How is the gradient used in machine learning?
Gradient descent. Compute ∇L (gradient of the loss function w.r.t. model parameters); move parameters against the gradient by a small step. Repeat until convergence. Backpropagation is the chain-rule machinery that efficiently computes these gradients in deep networks. Modern AI training is mostly gradient computation at massive scale.
What's a directional derivative?
The rate of change of f when moving in a specific direction u (unit vector). Computed as D_u f = ∇f · u (dot product). The gradient is the special case where you take the derivative in EVERY direction simultaneously and bundle the answers; the directional derivative picks out the rate in one specific direction.
How does the gradient relate to level curves and surfaces?
The gradient is always perpendicular to level curves (in 2D) or level surfaces (in 3D). Imagine a topographic map — the gradient points "straight uphill," perpendicular to the contour lines. This is why steepest descent in optimization moves perpendicular to the level set of the loss function.
What's a saddle point?
A critical point (∇f = 0) that's neither a max nor a min — it goes up in some directions and down in others. The Hessian (matrix of second partials) has both positive and negative eigenvalues. Saddle points are abundant in high-dimensional optimization (most critical points in deep networks are saddles, not local minima).
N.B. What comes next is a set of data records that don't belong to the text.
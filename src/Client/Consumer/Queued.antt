-- ===== src/Client/Consumer/Queued.antt =====
-- `std::map<size_t, OMEMarketUpdate>` of source/nitek/client/data/market_data_consumer.h: a list of
-- keys and values in the order of the keys.
use nitek.Base.{ℕ, Bool, false, ◌||◌, List, [], ◌∷◌, ◌==◌, ltb, if◌then◌else◌}
use nitek.Common.Messages.{OmeMarketUpdate}

abbrev pub QueuedMarketUpdates : Type 0
QueuedMarketUpdates = List (ℕ × OmeMarketUpdate)

-- `m[k] = u`
unfoldable pub set_at : ℕ → OmeMarketUpdate → QueuedMarketUpdates → QueuedMarketUpdates
set_at k u [] = (k, u) ∷ []
set_at k u ((j, w) ∷ m) =
    if k == j then (k, u) ∷ m else if ltb k j then (k, u) ∷ (j, w) ∷ m else (j, w) ∷ set_at k u m

-- `m.find(k) != m.end()`
unfoldable pub has_key : ℕ → QueuedMarketUpdates → Bool
has_key k [] = false
has_key k ((j, w) ∷ m) = k == j || has_key k m

-- `m.rbegin()->second`, of a map that is not empty.
unfoldable pub last_of : OmeMarketUpdate → QueuedMarketUpdates → OmeMarketUpdate
last_of u [] = u
last_of u ((k, w) ∷ m) = last_of w m
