-- ===== src/Client/Consumer.antt =====
-- source/nitek/client/data/market_data_consumer.cpp: the stream of market updates that the client
-- sees, and its recovery from a snapshot after a loss. The receive buffers are the lists of their
-- whole messages.
pub mod Queued
pub mod Receiving
pub mod Recovery
pub mod Snapshot
pub mod Stream
use nitek.Base.{
  ℕ, ◌+◌, ◌%◌, ◌^◌, Bool, true, false, ◌&&◌, ◌||◌, not, Option, none, some, List, [], ◌∷◌, ◌++◌,
  ◌==◌, ltb, if◌then◌else◌,
}
use nitek.Base.Run.{Result, ok, fault, exits}
use nitek.LfQueue
use nitek.LfQueue.{LfQueue}
use nitek.Common.Messages.{UpdateType, OmeMarketUpdate, MdpMarketUpdate}
use Queued.{QueuedMarketUpdates, set_at, has_key, last_of}

-- `is_joined` says whether the snapshot stream's group is joined.
pub record Consumer : Type 0 where
  pub n_seq_inc_next : ℕ
  pub tx_updates : LfQueue OmeMarketUpdate
  pub is_in_recovery : Bool
  pub is_joined : Bool
  pub queued_incremental_updates : QueuedMarketUpdates
  pub queued_snapshot_updates : QueuedMarketUpdates

unfoldable pub make : LfQueue OmeMarketUpdate → Consumer
make updates = record {
  n_seq_inc_next = 1;
  tx_updates = updates;
  is_in_recovery = false;
  is_joined = false;
  queued_incremental_updates = [];
  queued_snapshot_updates = [];
}

-- Neither SNAPSHOT_START nor SNAPSHOT_END.
abbrev pub is_content : OmeMarketUpdate → Bool
is_content u = elim u.type [
  | UpdateType.snapshot_start ↦ false
  | UpdateType.snapshot_end ↦ false
  | _ ↦ true
]

abbrev pub is_start : OmeMarketUpdate → Bool
is_start u = elim u.type [ UpdateType.snapshot_start ↦ true | _ ↦ false ]

abbrev pub is_end : OmeMarketUpdate → Bool
is_end u = elim u.type [ UpdateType.snapshot_end ↦ true | _ ↦ false ]

abbrev pub push_content : OmeMarketUpdate → List OmeMarketUpdate → List OmeMarketUpdate
push_content u us = if is_content u then us ++ (u ∷ []) else us

-- The loop over the snapshot: the updates to process, if no number is missing.
unfoldable pub check_snapshot :
    QueuedMarketUpdates → ℕ → List OmeMarketUpdate → Option (List OmeMarketUpdate)
check_snapshot [] n us = some us
check_snapshot ((k, u) ∷ rest) n us =
    let more = check_snapshot rest (n + 1) (push_content u us) in if k == n then more else none

-- The loop over the incremental updates, from the number after the snapshot's: the next number
-- expected when it ends, and the updates to process if none is missing.
unfoldable pub check_incremental :
    QueuedMarketUpdates → ℕ → List OmeMarketUpdate → ℕ × Option (List OmeMarketUpdate)
check_incremental [] n us = (n, some us)
check_incremental ((k, u) ∷ rest) n us =
    let skipped = check_incremental rest n us in
    let taken = check_incremental rest ((n + 1) % 2 ^ 64) (push_content u us) in
    if ltb k n then skipped else if k == n then taken else (n, none)

unfoldable pub write_all : List OmeMarketUpdate → LfQueue OmeMarketUpdate → LfQueue OmeMarketUpdate
write_all [] q = q
write_all (u ∷ us) q = write_all us (LfQueue.push q u)

abbrev pub clear_snapshot : Consumer → Consumer
clear_snapshot c = record c { queued_snapshot_updates = [] }

-- The end of `snapshot_sync_check`: `found` is the result of the loop over the incremental updates.
unfoldable pub finish_sync : ℕ × Option (List OmeMarketUpdate) → Consumer → Consumer
finish_sync (n, none) c = clear_snapshot (record c { n_seq_inc_next = n })
finish_sync (n, some us) c = record c {
  n_seq_inc_next = n;
  tx_updates = write_all us c.tx_updates;
  is_in_recovery = false;
  is_joined = false;
  queued_incremental_updates = [];
  queued_snapshot_updates = [];
}

-- The snapshot has all its numbers up to `last`.
unfoldable pub sync_with : OmeMarketUpdate → List OmeMarketUpdate → Consumer → Consumer
sync_with last us c =
    if is_end last
    then finish_sync
        (check_incremental c.queued_incremental_updates ((last.order_id + 1) % 2 ^ 64) us) c
    else c

unfoldable pub snapshot_sync_check : Consumer → Consumer
snapshot_sync_check c = elim c.queued_snapshot_updates [
  | [] ↦ c
  | (k, first) ∷ rest ↦
      if is_start first
      then elim (check_snapshot c.queued_snapshot_updates 0 []) [
        | none ↦ clear_snapshot c
        | some us ↦ sync_with (last_of first rest) us c
      ]
      else clear_snapshot c
]

unfoldable pub queue_update : Bool → MdpMarketUpdate → Consumer → Consumer
queue_update is_snapshot m c = snapshot_sync_check (
    if is_snapshot
    then record c {
      queued_snapshot_updates =
          set_at m.n_seq m.ome_update
            (if has_key m.n_seq c.queued_snapshot_updates then [] else c.queued_snapshot_updates);
    }
    else record c {
      queued_incremental_updates = set_at m.n_seq m.ome_update c.queued_incremental_updates;
    })

-- `joins` says whether the operating system opens the socket and joins its group.
unfoldable pub snapshot_sync_start : (joins : Bool) → Consumer → Result Consumer
snapshot_sync_start joins c =
    if joins
    then ok (record c {
      is_joined = true;
      queued_incremental_updates = [];
      queued_snapshot_updates = [];
    })
    else fault exits

-- A message that the consumer is in step with.
unfoldable pub pass_on : Bool → MdpMarketUpdate → Consumer → Consumer
pass_on is_snapshot m c = if is_snapshot then c else record c {
  n_seq_inc_next = (c.n_seq_inc_next + 1) % 2 ^ 64;
  tx_updates = LfQueue.push c.tx_updates m.ome_update;
}

with_queue : Bool → MdpMarketUpdate → Result Consumer → Result Consumer
with_queue is_snapshot m (ok c) = ok (queue_update is_snapshot m c)
with_queue is_snapshot m (fault e) = fault e

-- One message of the loop of `rx_callback`.
unfoldable pub receive : (joins : Bool) → Bool → MdpMarketUpdate → Consumer → Result Consumer
unfolding with_queue
receive joins is_snapshot m c =
    if c.is_in_recovery
    then ok (queue_update is_snapshot m c)
    else if m.n_seq == c.n_seq_inc_next
    then ok (pass_on is_snapshot m c)
    else with_queue is_snapshot m (snapshot_sync_start joins (record c { is_in_recovery = true }))

unfoldable pub receive_all :
    (joins : Bool) → Bool → List MdpMarketUpdate → Consumer → Result Consumer
receive_all joins is_snapshot [] c = ok c
receive_all joins is_snapshot (m ∷ ms) c = elim (receive joins is_snapshot m c) [
  | ok c' ↦ receive_all joins is_snapshot ms c'
  | fault e ↦ fault e
]

-- Snapshot messages that come while there is no recovery are thrown away together.
unfoldable pub rx_callback :
    (joins : Bool) → Bool → List MdpMarketUpdate → Consumer → Result Consumer
rx_callback joins is_snapshot ms c =
    if is_snapshot && not c.is_in_recovery then ok c else receive_all joins is_snapshot ms c
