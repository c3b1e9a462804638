-- ===== src/Kernel.antt =====
-- The start of the kernel, src/kernel.c: the parts are brought up one after the other, and then two
-- files are opened. `panic` is the outcome `kernel_panic`.
use koko_os.Prelude.{ℕ, ◌+◌, ◌==◌, Bool, true, false, if◌then◌else◌, bit_or, Outcome, done, ◌>>=◌}
use koko_os.Ram.{load32}
use koko_os.Heap.{w32}
use koko_os.Memory
use koko_os.Memory.{Machine, memory_init}
use koko_os.Text.{strlen}
use koko_os.Terminal
use koko_os.Terminal.{Screen, println}
use koko_os.Number.{print_number}
use koko_os.Paging.{create_chunk, page_is_present, page_is_writable, page_allow_access_to_all}
use koko_os.Idt
use koko_os.Idt.{Tables}
use koko_os.Ports.{Ports}
use koko_os.File.{Files, fs_read, fs_write, fs_stat, fs_close}
use koko_os.File.Open.{PathPlaces, fs_init, disk_init, fs_open}
use koko_os.Fat.{Places}
use koko_os.Fat.System.{fat16_systems}
use koko_os.Fat.Files.{FileMode, file_mode_read, file_mode_write}

-- What the privileged instructions of kernel.asm, paging.asm and idt.asm change.
pub record Cpu : Type 0 where
  pub interrupts : Bool
  pub paging : Bool
  pub page_directory : ℕ
  pub idtr : ℕ

-- The addresses that the linker and the compiler choose.
pub record KernelPlaces : Type 0 where
  pub idt_base : ℕ
  pub null_interrupt : ℕ
  pub zero_interrupt : ℕ
  pub keyboard : ℕ
  pub idtr_descriptor : ℕ
  pub main_literal : ℕ
  pub koko_literal : ℕ
  pub testing_literal : ℕ
  pub zero_literal : ℕ
  pub stat : ℕ
  pub buffer : ℕ

-- What the kernel changes.
pub record Kernel (Device : Type 0) : Type 0 where
  pub machine : Machine
  pub device : Device
  pub files : Files
  pub screen : Screen
  pub interrupt_tables : Tables
  pub cpu : Cpu

unfoldable pub init_kernel_paging : {Device : Type 0} → Kernel Device → Outcome (Kernel Device)
init_kernel_paging k = do
  let flags = bit_or (bit_or page_is_writable page_is_present) page_allow_access_to_all
  (kernel_chunk, m) ← create_chunk k.machine flags
  let cpu = record k.cpu { page_directory = load32 m.ram kernel_chunk }
  done (record k { machine = m; cpu = cpu })

module _ (ports : Ports) (patience primary_disk : ℕ) (places : Places) (paths : PathPlaces)
    (kernel_places : KernelPlaces) where
  open ports use {Device}

  -- From `kernel_disable_interrupts` to `kernel_enable_interrupts`.
  unfoldable pub bring_up : Kernel Device → Outcome (Kernel Device)
  bring_up k = do
    let screen = Terminal.init k.screen
    m₁ ← memory_init k.machine
    (files, m₂) ← fs_init ports patience primary_disk places k.files m₁
    (m₃, d) ← disk_init ports patience primary_disk places files m₂ k.device
    let tables =
        Idt.init kernel_places.idt_base kernel_places.null_interrupt kernel_places.zero_interrupt
          kernel_places.keyboard k.interrupt_tables
    let cpu = record k.cpu { interrupts = false; idtr = kernel_places.idtr_descriptor }
    paged ← init_kernel_paging (record {
      machine = m₃;
      device = d;
      files = files;
      screen = screen;
      interrupt_tables = tables;
      cpu = cpu;
    })
    done (record paged { cpu = record paged.cpu { paging = true; interrupts = true } })

  unfoldable pub open_file : Kernel Device → (filename : ℕ) → FileMode → Outcome (ℕ × Kernel Device)
  open_file k filename mode = do
    (fd, files, m, d) ←
        fs_open ports patience primary_disk places paths k.files k.machine k.device filename mode
    done (fd, record k { files = files; machine = m; device = d })

  -- The status of `fs_stat`, with the size of the file behind the flags.
  unfoldable pub stat_file : Kernel Device → (fd : ℕ) → Outcome (Kernel Device)
  stat_file k fd = do
    (code, (m, d)) ←
        fs_stat (fat16_systems ports patience primary_disk places) k.files (k.machine, k.device) fd
          kernel_places.stat
    (m', screen) ← print_number kernel_places.zero_literal m k.screen code
    done (record k { machine = m'; device = d; screen = screen })

  -- `fs_read` of one member, and the text that is printed then.
  unfoldable pub show_file : Kernel Device → (buffer fd size : ℕ) → Outcome (Kernel Device)
  show_file k buffer fd size = do
    (code, (m, d)) ←
        fs_read (fat16_systems ports patience primary_disk places) k.files (k.machine, k.device)
          buffer fd size 1
    screen ← println m.ram k.screen buffer
    done (record k { machine = m; device = d; screen = screen })

  unfoldable pub close_file : Kernel Device → (fd : ℕ) → Outcome (Kernel Device)
  close_file k fd = do
    (code, files, (m, d)) ←
        fs_close (fat16_systems ports patience primary_disk places) k.files (k.machine, k.device) fd
    done (record k { files = files; machine = m; device = d })

  -- The size that `fs_stat` has stored.
  unfoldable pub print_file : Kernel Device → (fd : ℕ) → Outcome (Kernel Device)
  print_file k fd = do
    k₁ ← stat_file k fd
    let size = load32 k₁.machine.ram (kernel_places.stat + 4)
    (buffer, m) ← Memory.zalloc k₁.machine (w32 (size + 1))
    k₂ ← show_file (record k₁ { machine = m }) buffer fd (load32 m.ram (kernel_places.stat + 4))
    m' ← Memory.free k₂.machine buffer
    stat_file (record k₂ { machine = m' }) fd

  unfoldable pub write_file : Kernel Device → (fd : ℕ) → Outcome (Kernel Device)
  write_file k fd = do
    let testing = kernel_places.testing_literal
    size ← strlen k.machine.ram testing
    (code, (m, d)) ←
        fs_write (fat16_systems ports patience primary_disk places) k.files (k.machine, k.device)
          testing fd size
    close_file (record k { machine = m; device = d }) fd

  -- The third file is opened, and the first one read.
  unfoldable pub show_again : Kernel Device → (fd fd3 : ℕ) → Outcome (Kernel Device)
  show_again k fd fd3 = do k' ← show_file k kernel_places.buffer fd 512; close_file k' fd3

  unfoldable pub kernel_main : Kernel Device → Outcome (Kernel Device)
  kernel_main k = do
    k₁ ← bring_up k
    (fd, k₂) ← open_file k₁ kernel_places.main_literal file_mode_read
    k₃ ← if fd == 0 then done k₂ else print_file k₂ fd
    (fd2, k₄) ← open_file k₃ kernel_places.koko_literal file_mode_write
    k₅ ← if fd2 == 0 then done k₄ else write_file k₄ fd2
    (fd3, k₆) ← open_file k₅ kernel_places.koko_literal file_mode_read
    if fd3 == 0 then done k₆ else show_again k₆ fd fd3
How does the gradient generalize to vector-valued functions?
For F : ℝⁿ → ℝᵐ, the analog is the Jacobian matrix — m × n matrix of all partial derivatives. Each row is the gradient of one component function. The Jacobian is the matrix of the best linear approximation to F at a point. For scalar f (m = 1), the Jacobian is a row vector — the gradient transposed.